Yön, insanların alışkın olduğu bir şeydir. Dost karasal çevremizde yaşarken, yukarı ve aşağı, sol ve sağ, ileri veya geri açısından bir şeyler görmeye alışkınız. Ve bizim için, referans çerçevemiz sabittir ve hareket etmediğimiz veya hareket halinde olmadıkça değişmez. Ancak kozmoloji söz konusu olduğunda, işler biraz daha karmaşık hale gelir.
Uzun bir süredir, kozmologlar evrenin homojen ve izotropik - yani temelde her yönden aynı olduğuna inanıyorlardı. Bu anlamda, uzay söz konusu olduğunda “yukarı” veya “aşağı” diye bir şey yoktur, sadece tamamen göreli olan referans noktaları vardır. Ve Londra Üniversitesi Koleji'nden araştırmacılar tarafından yapılan yeni bir çalışma sayesinde, bu görüşün doğru olduğu gösterilmiştir.
“Evren Nasıl İzotropik?” Başlıklı çalışmaları için araştırma ekibi, Büyük Patlama'dan kalan termal radyasyon olan Kozmik Mikrodalga Arkaplanının (SPK) anket verilerini kullandı. Bu veriler ESA’nın Planck uzay aracı tarafından 2009-2013 yılları arasında elde edildi.
Ekip daha sonra uzayın “tercih edilen bir genişleme yönüne” sahip olup olmadığını gösteren herhangi bir polarizasyon paterni olup olmadığını belirlemek için bir süper bilgisayar kullanarak analiz etti. Bu testin amacı, en yaygın kabul gören kozmolojik modelin temelini oluşturan temel varsayımlardan birinin aslında doğru olup olmadığını görmekti.
Bu varsayımlardan ilki, Evrenin, Evrenin genişleme durumunda olduğu ve Kozmik Mikrodalga Arka Planının keşfine dayanan Big Bang tarafından yaratıldığıdır. İkinci varsayım, uzayın homojen ve istropik olduğu, yani maddenin büyük ölçeklere göre dağılımında önemli bir fark olmadığı anlamına gelir.
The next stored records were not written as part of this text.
-- ===== src/Registry/Intent.antt =====
-- src/migration_registry.rs: the change of a status on the disk.
use vibe_caravan.Prelude.{
  ℕ, ◌≡◌, ◌≢◌, refl, ◌∙◌, ◌⊎◌, inl, inr, true, false, none, some, List, arith, FilePath, nat_beq,
  Bool-cases,
}
use vibe_caravan.Error.{Result, ok, err, IoError, Message}
use vibe_caravan.Platform.Host.{Host, Json}
use vibe_caravan.Platform.Volume.{Content}
use vibe_caravan.Exec.{Sys, Exec, call, lift, after, ◌>>=◌}
use vibe_caravan.AtomicWrite.Replaces.{IsReadable, IsNoTemp, write_bytes-Replaced}
use vibe_caravan.Registry.{
  MigrationStatus, MigrationEntry, MigrationRegistry, empty_registry, effective_status, find_by_id,
  change_first, change_found, begin, commit, begin_status_transition, commit_status_transition,
  parsed_registry, read_registry, registry_in, load, save, save_intent, save_commit,
  persist_status_transition_with_intent,
}
use vibe_caravan.Registry.Entries.{find-change_first}

module _ {W : Type 0} (host : Host W) (json : Json MigrationRegistry) (path : FilePath)
    (content : FilePath → W → Content) (disk : IsReadable host content)
    (no_temp : IsNoTemp path path) where
  -- The registry is written as a text from which it is read back.
  abbrev IsText : MigrationRegistry → Type 0
  IsText r = (disk.is_utf8 (json.to_vec r) ≡ true) × (json.from_str (json.to_vec r) ≡ inr r)

  -- The file holds the registry.
  abbrev Holds : MigrationRegistry → W → Type 0
  Holds r w =
      (bytes : List ℕ) × (content path w ≡ some bytes)
      × (disk.is_utf8 bytes ≡ true)
      × (json.from_str bytes ≡ inr r)

  Holds-loads : (r : MigrationRegistry) (w : W) → Holds r w → registry_in host json path w ≡ ok r
  unfolding registry_in
  Holds-loads r w (bytes, e, u, p) =
      rw (disk.can_write.write_laws.there path w bytes e, disk.reads path w bytes e u, p) refl

  Holds-kept :
      (r : MigrationRegistry) (w w' : W) → content path w' ≡ content path w → Holds r w → Holds r w'
  Holds-kept r w w' same (bytes, e, u, p) = (bytes, same ∙ e, u, p)

  -- After a save the file holds the new registry, or the old one if the save failed.
  save-Holds :
      (r r' : MigrationRegistry) (s : Sys W)
      → IsText r'
      → Holds r s.world
      → (((save host json path r' s).0 ≡ ok tt) → Holds r' (save host json path r' s).1.world)
        × (Holds r (save host json path r' s).1.world ⊎ Holds r' (save host json path r' s).1.world)
  unfolding save
  save-Holds r r' s back h =
      let w =
        write_bytes-Replaced host content disk.can_write path (json.to_vec r') "migration registry"
          s in
      (
        λ done. (json.to_vec r', w.done done, back.0, back.1),
        elim (w.whole path no_temp) [
          | inl kept ↦ inl (Holds-kept r s.world _ kept h)
          | inr (here, new) ↦ inr (json.to_vec r', new, back.0, back.1)
        ],
      )

  -- A step: load, read the clock, change the entry, save.
  abbrev step : (ℕ → MigrationRegistry → Result MigrationRegistry) → Exec W (Unit {0})
  step change = load host json path >>= λ r.
      call host.env.now_unix_secs >>= λ now. lift (change now r) >>= λ r'. save host json path r'

  step-Holds :
      (change : ℕ → MigrationRegistry → Result MigrationRegistry) (r r' : MigrationRegistry)
      (s : Sys W)
      → IsText r'
      → Holds r s.world
      → change (host.env.now_unix_secs s.world).0 r ≡ ok r'
      → (((step change s).0 ≡ ok tt) → Holds r' (step change s).1.world)
        × (Holds r (step change s).1.world ⊎ Holds r' (step change s).1.world)
  unfolding load
  step-Holds change r r' s back h e =
      let s1 : Sys W = record s { world = (host.env.now_unix_secs s.world).1 } in
      rw (Holds-loads r s.world h, e)
        (save-Holds r r' s1 back (Holds-kept r s.world s1.world (disk.now_same path s.world) h))

  -- The registry `r'` is `r` but for the entry of `id`, of which `P` holds.
  pub record IsUpdate (P : MigrationEntry → Type 0) (id : ℕ) (r r' : MigrationRegistry)
      : Type 0 where
    pub entry : MigrationEntry
    pub found : find_by_id r' id ≡ some entry
    pub property : P entry
    pub others : (j : ℕ) → nat_beq id j ≡ false → find_by_id r' j ≡ find_by_id r j

  changed_registry :
      (id : ℕ) (f : MigrationEntry → MigrationEntry) (r : MigrationRegistry) (m : MigrationEntry)
      → ((x : MigrationEntry) → (f x).id ≡ x.id)
      → find_by_id r id ≡ some m
      → let r' : MigrationRegistry = record r { migrations = change_first id f r.migrations } in
        (change_found id f r (find_by_id r id) ≡ ok r')
        × (find_by_id r' id ≡ some (f m))
        × ((j : ℕ) → nat_beq id j ≡ false → find_by_id r' j ≡ find_by_id r j)
  unfolding find_by_id
  changed_registry id f r m keeps found = (
    rw found refl,
    ground (arith, find-change_first id id f r.migrations keeps, found),
    λ j other. ground (arith, find-change_first id j f r.migrations keeps, other),
  )

  module _ (id : ℕ) (target : MigrationStatus) where
    abbrev Before : MigrationEntry → MigrationEntry → Type 0
    Before m x = x ≡ m

    -- The change is made.
    abbrev pub IsDone : MigrationEntry → Type 0
    IsDone x = (x.status ≡ target) × (x.pending_status ≡ none)

    -- The status that counts is the old one or the target.
    abbrev pub IsOldOrNew : MigrationEntry → MigrationEntry → Type 0
    IsOldOrNew m x = (effective_status x ≡ effective_status m) ⊎ (effective_status x ≡ target)

    -- What the file of the registry holds.
    abbrev pub HoldsUpdate : (MigrationEntry → Type 0) → MigrationRegistry → W → Type 0
    HoldsUpdate P r w =
        (r' : MigrationRegistry) × (registry_in host json path w ≡ ok r') × IsUpdate P id r r'

    abbrev intent_of : MigrationRegistry → ℕ → MigrationRegistry
    intent_of r now = record r { migrations = change_first id (begin now target) r.migrations }

    abbrev commit_of : MigrationRegistry → ℕ → MigrationRegistry
    commit_of r now = record r { migrations = change_first id (commit now) r.migrations }

    intent-Holds :
        (r : MigrationRegistry) (m : MigrationEntry) (s : Sys W)
        → ((now : ℕ) → IsText (intent_of r now))
        → find_by_id r id ≡ some m
        → Holds r s.world
        → let r1 = intent_of r (host.env.now_unix_secs s.world).0 in
          (((save_intent host json path id target s).0 ≡ ok tt)
            → Holds r1 (save_intent host json path id target s).1.world)
          × (Holds r (save_intent host json path id target s).1.world
              ⊎ Holds r1 (save_intent host json path id target s).1.world)
    unfolding save_intent begin_status_transition
    intent-Holds r m s back found h =
        let now = (host.env.now_unix_secs s.world).0 in
        step-Holds (λ n x. begin_status_transition n x id target) r (intent_of r now) s (back now) h
          (changed_registry id (begin now target) r m (λ x. refl) found).0

    commit-Holds :
        (r : MigrationRegistry) (m : MigrationEntry) (s : Sys W)
        → ((now : ℕ) → IsText (commit_of r now))
        → find_by_id r id ≡ some m
        → Holds r s.world
        → let r2 = commit_of r (host.env.now_unix_secs s.world).0 in
          (((save_commit host json path id s).0 ≡ ok tt)
            → Holds r2 (save_commit host json path id s).1.world)
          × (Holds r (save_commit host json path id s).1.world
              ⊎ Holds r2 (save_commit host json path id s).1.world)
    unfolding save_commit commit_status_transition
    commit-Holds r m s back found h =
        let now = (host.env.now_unix_secs s.world).0 in
        step-Holds (λ n x. commit_status_transition n x id) r (commit_of r now) s (back now) h
          (changed_registry id (commit now) r m (λ x. refl) found).0

    -- The documented behaviour of serde, for the two registries that are written.
    pub record IsReadBack (r : MigrationRegistry) : Type 0 where
      pub intent : (now : ℕ) → IsText (intent_of r now)
      pub committed : (now now' : ℕ) → IsText (commit_of (intent_of r now) now')

    module _ (r : MigrationRegistry) (back : IsReadBack r) (m : MigrationEntry)
        (found : find_by_id r id ≡ some m) where
      old-Update : (w : W) → Holds r w → HoldsUpdate (IsOldOrNew m) r w
      unfolding effective_status
      old-Update w h = (
        r,
        Holds-loads r w h,
        record { entry = m; found = found; property = inl refl; others = λ j n. refl },
      )

      intent-Update : (now : ℕ) (w : W) → Holds (intent_of r now) w → HoldsUpdate (IsOldOrNew m) r w
      unfolding effective_status
      intent-Update now w h =
          let (e, f, o) = changed_registry id (begin now target) r m (λ x. refl) found in
          (
            intent_of r now,
            Holds-loads (intent_of r now) w h,
            record { entry = begin now target m; found = f; property = inr refl; others = o },
          )

      commit-Update :
          (now now' : ℕ) (w : W)
          → Holds (commit_of (intent_of r now) now') w
          → HoldsUpdate IsDone r w × HoldsUpdate (IsOldOrNew m) r w
      unfolding effective_status
      commit-Update now now' w h =
          let (e, f, o) = changed_registry id (begin now target) r m (λ x. refl) found in
          let (e', f', o') =
            changed_registry id (commit now') (intent_of r now) (begin now target m) (λ x. refl)
              f in
          let r2 = commit_of (intent_of r now) now' in
          let others : (j : ℕ) → nat_beq id j ≡ false → find_by_id r2 j ≡ find_by_id r j =
            λ j n. o' j n ∙ o j n in
          let loads = Holds-loads r2 w h in
          (
            (
              r2,
              loads,
              record {
                entry = commit now' (begin now target m);
                found = f';
                property = (refl, refl);
                others = others;
              },
            ),
            (
              r2,
              loads,
              record {
                entry = commit now' (begin now target m);
                found = f';
                property = inr refl;
                others = others;
              },
            ),
          )

      -- What a run of both writes has come to.
      abbrev Comes : Result (Unit {0}) × Sys W → Type 0
      Comes x =
          (x.0 ≡ ok tt → HoldsUpdate IsDone r x.1.world) × HoldsUpdate (IsOldOrNew m) r x.1.world

      committed :
          (now : ℕ) (u : Sys W)
          → Holds (intent_of r now) u.world
          → Comes (save_commit host json path id u)
      committed now u h =
          let (e, f, o) = changed_registry id (begin now target) r m (λ x. refl) found in
          let (done, either) =
            commit-Holds (intent_of r now) (begin now target m) u (back.committed now) f h in
          let now' = (host.env.now_unix_secs u.world).0 in
          (
            λ k. (commit-Update now now' _ (done k)).0,
            elim either [
              | inl kept ↦ intent-Update now _ kept
              | inr new ↦ (commit-Update now now' _ new).1
            ],
          )

      then_commit :
          (now : ℕ) (x : Result (Unit {0}) × Sys W)
          → (x.0 ≡ ok tt → Holds (intent_of r now) x.1.world)
          → (Holds r x.1.world ⊎ Holds (intent_of r now) x.1.world)
          → Comes (after x.0 (λ begun. save_commit host json path id) x.1)
      then_commit now (err e, u) done either = (
        λ k. absurd (ground (arith, k)),
        elim either [ inl kept ↦ old-Update _ kept | inr new ↦ intent-Update now _ new ],
      )
      then_commit now (ok done_now, u) done either = committed now u (done refl)

      read-Holds :
          (w : W) (o : IoError ⊎ List ℕ)
          → host.volume.read_to_string path w ≡ o
          → read_registry host json path o ≡ ok r
          → Holds r w
      read-Holds w (inl e) answer h = absurd (ground (arith, h))
      read-Holds w (inr bytes) answer h = (
        bytes,
        disk.can_write.write_laws.read_back path w bytes answer,
        disk.was_text path w bytes answer,
        parsed (json.from_str bytes) h,
      )
        where
          parsed : (p : Message ⊎ MigrationRegistry) → parsed_registry path p ≡ ok r → p ≡ inr r
          parsed (inl why) k = absurd (ground (arith, k))
          parsed (inr x) k = ground (arith, k)

      -- A registry with an entry is one that was read.
      Holds-loaded : (w : W) → registry_in host json path w ≡ ok r → Holds r w
      unfolding registry_in find_by_id
      Holds-loaded w h = elim (Bool-cases (host.env.exists path w)) [
        | inr missing ↦ absurd (not_empty (ground (arith, rw missing at h)) found)
        | inl there ↦
            read-Holds w (host.volume.read_to_string path w) refl (ground (arith, rw there at h))
      ]
        where
          not_empty : empty_registry ≡ r → find_by_id r id ≢ some m
          not_empty e = rw (← e) (λ k. ground (arith, k))

      transition-Comes :
          (s : Sys W)
          → registry_in host json path s.world ≡ ok r
          → Comes (persist_status_transition_with_intent host json path id target s)
      unfolding persist_status_transition_with_intent
      transition-Comes s h =
          let (done, either) = intent-Holds r m s back.intent found (Holds-loaded s.world h) in
          then_commit (host.env.now_unix_secs s.world).0 (save_intent host json path id target s)
            done either

      -- For an entry of the registry on the disk, and however the two writes go, an error between
      -- them included: the registry can be loaded, the entry is there and its effective status is
      -- the old one or the target, and no other entry has changed. The conditions: a text that is
      -- on the disk can be read, the two registries are written as texts that read back, and the
      -- registry is no temporary file of a write to it.
      pub persist_status_transition-IsOldOrNew :
          (s : Sys W)
          → registry_in host json path s.world ≡ ok r
          → HoldsUpdate
              (IsOldOrNew m)
              r
              (persist_status_transition_with_intent host json path id target s).1.world
      persist_status_transition-IsOldOrNew s h = (transition-Comes s h).1

      -- If a transition succeeds, the entry on the disk has the target as its status and nothing
      -- pending, and no other entry has changed. The conditions: a text that is on the
      -- disk can be read, the two registries are written as texts that read back, and the registry
      -- is no temporary file of a write to it.
      pub persist_status_transition-IsDone :
          (s : Sys W)
          → registry_in host json path s.world ≡ ok r
          → (persist_status_transition_with_intent host json path id target s).0 ≡ ok tt
          → HoldsUpdate IsDone r
              (persist_status_transition_with_intent host json path id target s).1.world
      persist_status_transition-IsDone s h done = (transition-Comes s h).0 done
Kozmolojik İlke olarak da bilinen bu inanç kısmen Kopernik İlkesi'ne (Dünya'nın Evrende özel bir yeri olmadığını belirtmektedir) ve Einstein'ın Görelilik Teorisine dayanmaktadır - bu da herhangi bir sistemdeki atalet ölçümünün göreceli olduğunu göstermiştir. gözlemciye.
Madde, daha küçük ölçeklerde (yani yıldız sistemleri, galaksiler, galaksi kümeleri, vb.) Açıkça eşit olarak dağıtılmadığından, bu teorinin her zaman sınırlamaları olmuştur. Bununla birlikte, kozmologlar, küçük ölçekte dalgalanmanın, erken Evren'de meydana gelen kuantum dalgalanmalarından kaynaklandığını ve büyük ölçekli yapının homojenlik olduğunu söyleyerek bunu tartıştılar.
Bilim adamları, Evrendeki en eski ışıktaki dalgalanmaları arayarak, bunun gerçekten doğru olup olmadığını belirlemeye çalışıyorlar. Son otuz yılda, bu tür ölçümler Kozmik Arka Plan Gezgini (COBE) misyonu, Wilkinson Mikrodalga Anizotropi Probu (WMAP) ve Planck uzay aracı gibi çoklu görevlerle gerçekleştirildi.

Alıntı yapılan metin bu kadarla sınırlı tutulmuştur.